Pick every line out of the entries below that has the string "counts", and copy it.

<<<<

-- ===== src/Ax25/Kiss.antt =====
-- bbs/ax25/kiss_frame.py: KISS framing and the AX.25 frames in it. The masks are written as `/` and
-- `%`, which agree with them on bytes.
pub mod Laws
pub mod Stream
mod Tests
use bbs.Prelude.{
  ℕ, zero, suc, ◌+◌, ◌-◌, ◌*◌, ◌/◌, ◌%◌, Bool, true, false, ◌&&◌, ◌||◌, not, List, [], ◌∷◌, ◌++◌,
  Option, none, some, ltb, leb, ◌==◌, if◌then◌else◌, length, take, drop, get_elem?, ◌>>=◌,
}
use bbs.Text.{Text, strip}
use bbs.Ax25.NetromFrame.Wire.{Bytes, wire_char, wire_ssid}
use bbs.Ax25.Address.{format_addr}

abbrev pub fend : ℕ
fend = 192

abbrev pub fesc : ℕ
fesc = 219

abbrev pub tfend : ℕ
tfend = 220

abbrev pub tfesc : ℕ
tfesc = 221

pub record KissFrame : Type 0 where
  pub port : ℕ
  pub dest_call : Text
  pub src_call : Text
  pub is_ui : Bool
  pub pid : ℕ
  pub payload : Bytes
  pub via : List Text

-- The byte that an escape sequence stands for; a malformed one is skipped.
abbrev unescape_next : ℕ → Bytes → Bytes
unescape_next nxt out =
    if nxt == tfend then fend ∷ out else if nxt == tfesc then fesc ∷ out else out

unfoldable pub kiss_unescape : Bytes → Bytes
kiss_unescape [] = []
kiss_unescape (b ∷ []) = if b == fesc then [] else b ∷ []
kiss_unescape (b ∷ nxt ∷ bytes) =
    let escaped = kiss_unescape bytes in
    let plain = kiss_unescape (nxt ∷ bytes) in
    if b == fesc then unescape_next nxt escaped else b ∷ plain

unfoldable pub kiss_escape : Bytes → Bytes
kiss_escape [] = []
kiss_escape (b ∷ bytes) =
    let out = kiss_escape bytes in
    if b == fend then fesc ∷ tfend ∷ out else if b == fesc then fesc ∷ tfesc ∷ out else b ∷ out

-- (port & 0x0F) << 4
abbrev pub command_byte : ℕ → ℕ
command_byte port = port % 16 * 16

unfoldable pub build_kiss_frame : ℕ → Bytes → Bytes
unfolding kiss_escape
build_kiss_frame port ax25_frame = fend ∷ command_byte port ∷ kiss_escape ax25_frame ++ fend ∷ []

-- The characters of an address field, the padding spaces skipped.
unfoldable pub field_chars : Bytes → Text
field_chars [] = []
field_chars (b ∷ bytes) =
    let rest = field_chars bytes in if wire_char b == 32 then rest else wire_char b ∷ rest

-- `none` is the IndexError of a field of less than 7 bytes.
unfoldable pub decode_callsign : Bytes → Option (Text × ℕ)
unfolding field_chars strip
decode_callsign addr_field = do
  last ← get_elem? addr_field 6
  some (strip (field_chars (take 6 addr_field)), wire_ssid last)

-- format_addr(call, ssid) + ("*" if h_bit else ""), if the field has a call.
abbrev pub digi_added : Text × ℕ → Bool → List Text → Option (List Text)
digi_added (call, ssid) h_bit via =
    if leb 1 (length call)
    then (do
      addr ← format_addr call ssid
      some (via ++ (if h_bit then addr ++ 42 ∷ [] else addr) ∷ []))
    else some via

unfoldable pub digi_entry : Bytes → List Text → Option (List Text)
digi_entry digi_field via = decode_callsign digi_field >>= (λ decoded.
    get_elem? digi_field 6 >>= (λ last. digi_added decoded (last / 128 % 2 == 1) via))

-- The walk of the digipeater path from `offset` on; each round takes 7 bytes, and the fuel counts
-- rounds. The result is the path and the offset behind it.
unfoldable pub walk_path : ℕ → Bytes → ℕ → List Text → Option (List Text × ℕ)
walk_path zero ax25 offset via = some (via, offset)
walk_path (suc fuel) ax25 offset via =
    let digi_field = take 7 (drop offset ax25) in
    let go = (do
      via' ← digi_entry digi_field via
      last ← get_elem? digi_field 6
      (if last % 2 == 1 then some (via', offset + 7) else walk_path fuel ax25 (offset + 7) via')) in
    if leb (offset + 7) (length ax25) then go else some (via, offset)

-- control & 0xEF == 0x03
abbrev pub is_ui_control : ℕ → Bool
is_ui_control control = control / 32 * 32 + control % 16 == 3

-- The control field, the PID and the payload from `offset` on. The outer `none` is an IndexError, the
-- inner one the result None.
unfoldable pub decode_info : Bytes → ℕ → ℕ → Text → Text → List Text → Option (Option KissFrame)
decode_info ax25 port offset dest src via =
    let frame : Bool → ℕ → Bytes → KissFrame = λ is_ui pid payload. record {
      port = port;
      dest_call = dest;
      src_call = src;
      is_ui = is_ui;
      pid = pid;
      payload = payload;
      via = via;
    } in
    if leb (length ax25) offset
    then some none
    else get_elem? ax25 offset >>= (λ control.
      if not (is_ui_control control)
      then some (some (frame false 0 (drop (offset + 1) ax25)))
      else if ltb (length ax25) (offset + 2)
      then some none
      else get_elem? ax25 (offset + 1)
        >>= (λ pid. some (some (frame true pid (drop (offset + 2) ax25)))))

-- format_addr(*_decode_callsign(field))
abbrev pub format_field : Bytes → Option Text
format_field field_ = decode_callsign field_ >>= (λ decoded. format_addr decoded.0 decoded.1)

-- The path behind the source address, whose last byte tells whether there is one.
abbrev pub path_of : Bytes → ℕ → Option (List Text × ℕ)
path_of ax25 last = if last % 2 == 1 then some ([], 14) else walk_path (length ax25) ax25 14 []

-- The outer `none` is the ValueError of `format_addr` or an IndexError, the inner one the result None.
unfoldable pub decode_ax25 : Bytes → ℕ → Option (Option KissFrame)
decode_ax25 ax25 port = if ltb (length ax25) 15 then some none else do
  dest ← format_field (take 7 ax25)
  src ← format_field (take 7 (drop 7 ax25))
  walked ← (get_elem? ax25 13 >>= path_of ax25)
  decode_info ax25 port walked.1 dest src walked.0

-- A frame of another type than 0 carries no data.
unfoldable pub decode_frame : Bytes → Option (Option KissFrame)
decode_frame [] = some none
decode_frame (command ∷ raw) =
    if not (command % 16 == 0)
    then some none
    else decode_ax25 (kiss_unescape raw) (command / 16 % 16)

-- buf.find(FEND): the bytes before the first FEND and those behind it.
unfoldable pub find_fend : Bytes → Option (Bytes × Bytes)
find_fend [] = none
find_fend (b ∷ buf) =
    let rest = (do found ← find_fend buf; some (b ∷ found.0, found.1)) in
    if b == fend then some ([], buf) else rest

-- `if frame_data:`
abbrev pub keep_frame : Bytes → List Bytes → List Bytes
keep_frame [] frames = frames
keep_frame (b ∷ bytes) frames = (b ∷ bytes) ∷ frames

abbrev pub keep_split : Bytes → List Bytes × Bytes → List Bytes × Bytes
keep_split raw (frames, rest) = (keep_frame raw frames, rest)

-- Each round of the loop takes two FENDs off the buffer; the fuel counts rounds.
unfoldable pub split_rounds : ℕ → Bytes → List Bytes × Bytes
split_rounds zero buf = ([], buf)
split_rounds (suc fuel) buf = elim (find_fend buf) [
  | none ↦ ([], buf)
  | some (_, opened) ↦ elim (find_fend opened) [
    | none ↦ ([], buf)
    | some (raw, after) ↦ keep_split raw (split_rounds fuel after)
  ]
]

unfoldable pub split_kiss_frames : Bytes → List Bytes × Bytes
unfolding split_rounds
split_kiss_frames buf = split_rounds (length buf) buf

>>>>

● **SOLUTION TO THIS TASK**:
-- The walk of the digipeater path from `offset` on; each round takes 7 bytes, and the fuel counts
-- Each round of the loop takes two FENDs off the buffer; the fuel counts rounds.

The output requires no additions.